200 di questi post

Signore e signori: italiaolanda compie duecento post! Duecento volte grazie ad ogni persona che ci ha seguiti da questo blog!

Ed esattamente il 18 febbraio 2009, 2 anni e 2 giorni fa, io ed Aria partivamo con le nostre valigie di cartone alla volta dei Paesi Bassi. Il blog iniziò quasi un mese più tardi, ma avremo modo di celebrare questo evento più avanti.

Due anni in cui moltissime cose sono cambiate, tutte in meglio se non si conta la lontananza dagli affetti lasciati in patria: elemento difficile da escludere, ma del quale non ci si può meravigliare, essendo l’unico sicuro prezzo da pagare noto ben prima della partenza.
Due anni di scoperte ed  emozioni, di delusioni e rivincite, di solitudine e nuovi modi di comunicare.
L’Olanda ci ha accolti bene: un posto tranquillo e multietnico, con i suoi molteplici pro e gli immancabili contro.
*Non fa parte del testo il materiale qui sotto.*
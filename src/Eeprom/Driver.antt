-- ===== src/Eeprom/Driver.antt =====
-- `EepromI2c24LCxxx` of i2ceeprom/lib/eepromi2c24lcxxx.cpp. Loops run on fuel, `none` when it is used
-- up; log lines and waiting are left out.
use zenux_services.Prelude.{
  ℕ, zero, suc, ◌+◌, ◌-◌, ◌/◌, ◌%◌, ◌^◌, bit_and, not, ◌||◌, Option, none, some, List, [], ◌∷◌,
  ◌++◌, ltb, ◌==◌, if◌then◌else◌, length, take, drop, replicate,
}
use zenux_services.Eeprom.Bus.{IoResult, io_ok, io_err_transaction, io_err, I2cBus}

unfoldable pub address_bytes : ℕ → List ℕ
address_bytes mem_address = bit_and (mem_address / 2 ^ 8) 0xff ∷ bit_and mem_address 0xff ∷ []

abbrev pub block_read_len : ℕ
block_read_len = 4096

-- How many bytes the next message takes: up to the end of the page.
unfoldable pub page_len : ℕ → ℕ → ℕ
page_len to_write mem_address =
    let pl = 64 - bit_and mem_address 0x3f in if ltb pl to_write then pl else to_write

unfoldable pub read_len : ℕ → ℕ
read_len to_read = if ltb block_read_len to_read then block_read_len else to_read

-- The first value if the transfer was good.
abbrev pub when_ok {ℓ} : {A : Type ℓ} → IoResult → A → A → A
when_ok io_ok good bad = good
when_ok io_err_transaction good bad = bad
when_ok io_err good bad = bad

-- What a read has brought, and how many bytes are missing.
pub record ReadResult (S : Type 0) : Type 0 where
  pub bytes : List ℕ
  pub to_read : ℕ
  pub state : S

abbrev pub prepend : {S : Type 0} → List ℕ → Option (ReadResult S) → Option (ReadResult S)
prepend front none = none
prepend front (some r) = some (record r { bytes = front ++ r.bytes })

abbrev pub bytes_written : {S : Type 0} → ℕ → Option (List ℕ × S) → Option (ℕ × S)
bytes_written count none = none
bytes_written count (some (left, s)) = some (count - length left, s)

-- The return value of `ReadData`, the bytes, and the state.
abbrev pub bytes_read : {S : Type 0} → ℕ → Option (ReadResult S) → Option (ℕ × List ℕ × S)
bytes_read count none = none
bytes_read count (some r) = some (count - r.to_read, r.bytes, r.state)

module _ (bus : I2cBus) where
  open bus use {State, probe, transfer_write, transfer_read}

  -- The acknowledge polling: so many rounds at most.
  unfoldable pub poll_write : ℕ → List ℕ → State → IoResult × State
  poll_write zero message s = (io_err_transaction, s)
  poll_write (suc rounds) message s =
      let (r, s') = transfer_write message s in
      elim r [
        | io_ok ↦ (io_ok, s')
        | io_err_transaction ↦ poll_write rounds message s'
        | io_err ↦ (io_err, s')
      ]

  -- The bytes still to write are left over when an error or the end of the memory stops the loop.
  unfoldable pub write_loop : ℕ → ℕ → List ℕ → ℕ → State → Option (List ℕ × State)
  write_loop zero capacity bytes mem_address s = none
  write_loop (suc fuel) capacity bytes mem_address s =
      let l = page_len (length bytes) mem_address in
      let (r, s') = poll_write 100 (address_bytes mem_address ++ take l bytes) s in
      let rest = write_loop fuel capacity (drop l bytes) ((mem_address + l) % 2 ^ 16) s' in
      let written = when_ok r rest (some (bytes, s')) in
      if length bytes == 0 || not (ltb mem_address capacity) then some (bytes, s) else written

  -- `count` and `memAddress` are `ushort`. The result is the number of bytes written.
  unfoldable pub write_data : ℕ → List ℕ → ℕ → ℕ → State → Option (ℕ × State)
  write_data capacity buffer count mem_address s =
      let bytes = take (count % 2 ^ 16) buffer in
      let (r, s') = probe s in
      let written =
        bytes_written (count % 2 ^ 16)
          (write_loop (length bytes + 1) capacity bytes (mem_address % 2 ^ 16) s') in
      when_ok r written (some (0, s'))

  unfoldable pub reset : ℕ → State → Option (ℕ × State)
  reset capacity s = write_data capacity (replicate capacity 0xFF) capacity 0 s

  unfoldable pub read_loop : ℕ → ℕ → ℕ → State → Option (ReadResult State)
  read_loop zero to_read mem_address s = none
  read_loop (suc fuel) to_read mem_address s =
      let l = read_len to_read in
      let o = transfer_read (address_bytes mem_address) l s in
      let rest =
        prepend o.bytes (read_loop fuel (to_read - l) ((mem_address + l) % 2 ^ 16) o.state) in
      let stopped = some (record { bytes = []; to_read = to_read; state = o.state }) in
      let done = some (record { bytes = []; to_read = 0; state = s }) in
      if to_read == 0 then done else when_ok o.result rest stopped

  unfoldable pub read_data : ℕ → ℕ → State → Option (ℕ × List ℕ × State)
  read_data count mem_address s =
      bytes_read (count % 2 ^ 16)
        (read_loop (count % 2 ^ 16 + 1) (count % 2 ^ 16) (mem_address % 2 ^ 16) s)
Se avesse il sole italiano, per fare un esempio, sarebbe forse il massimo, invece abbiamo dovuto aggiornare il nostro umore affinché non fosse troppo legato alle condizioni meteo. Avremmo smesso di parlarci, in caso contrario: credo che le giornate in cui per tutto il giorno il cielo è terso siano meno di 20 all’anno, per capirci.
Abbiamo avuto modo di riflettere in questo lungo periodo, sulla condizione degli emigrati di altre epoche, che lasciavano tutto per partire e non tornare, se tutto fosse andato bene, mai più.  Stop ai contatti con casa, se non grazie a qualche lettera che impiegava mesi e mesi a cercare l’indirizzo di destinazione. Vedersi di nuovo era sintomo di fallimento o di estrema ricchezza, ora i voli low cost hanno reso tutto più facile.
A noi emigrati 2.0 basta poi solo un click per aprire una finestra nelle nostre vecchie case o in quelle dei nostri amici, attraverso la quale possiamo parlare con i nostri cari e vederli come se li avessimo a due passi da noi. Manca il calore fisico delle persone, ma l’affetto riesce a giungerci anche sotto forma di bit e ci sentiamo meno distanti.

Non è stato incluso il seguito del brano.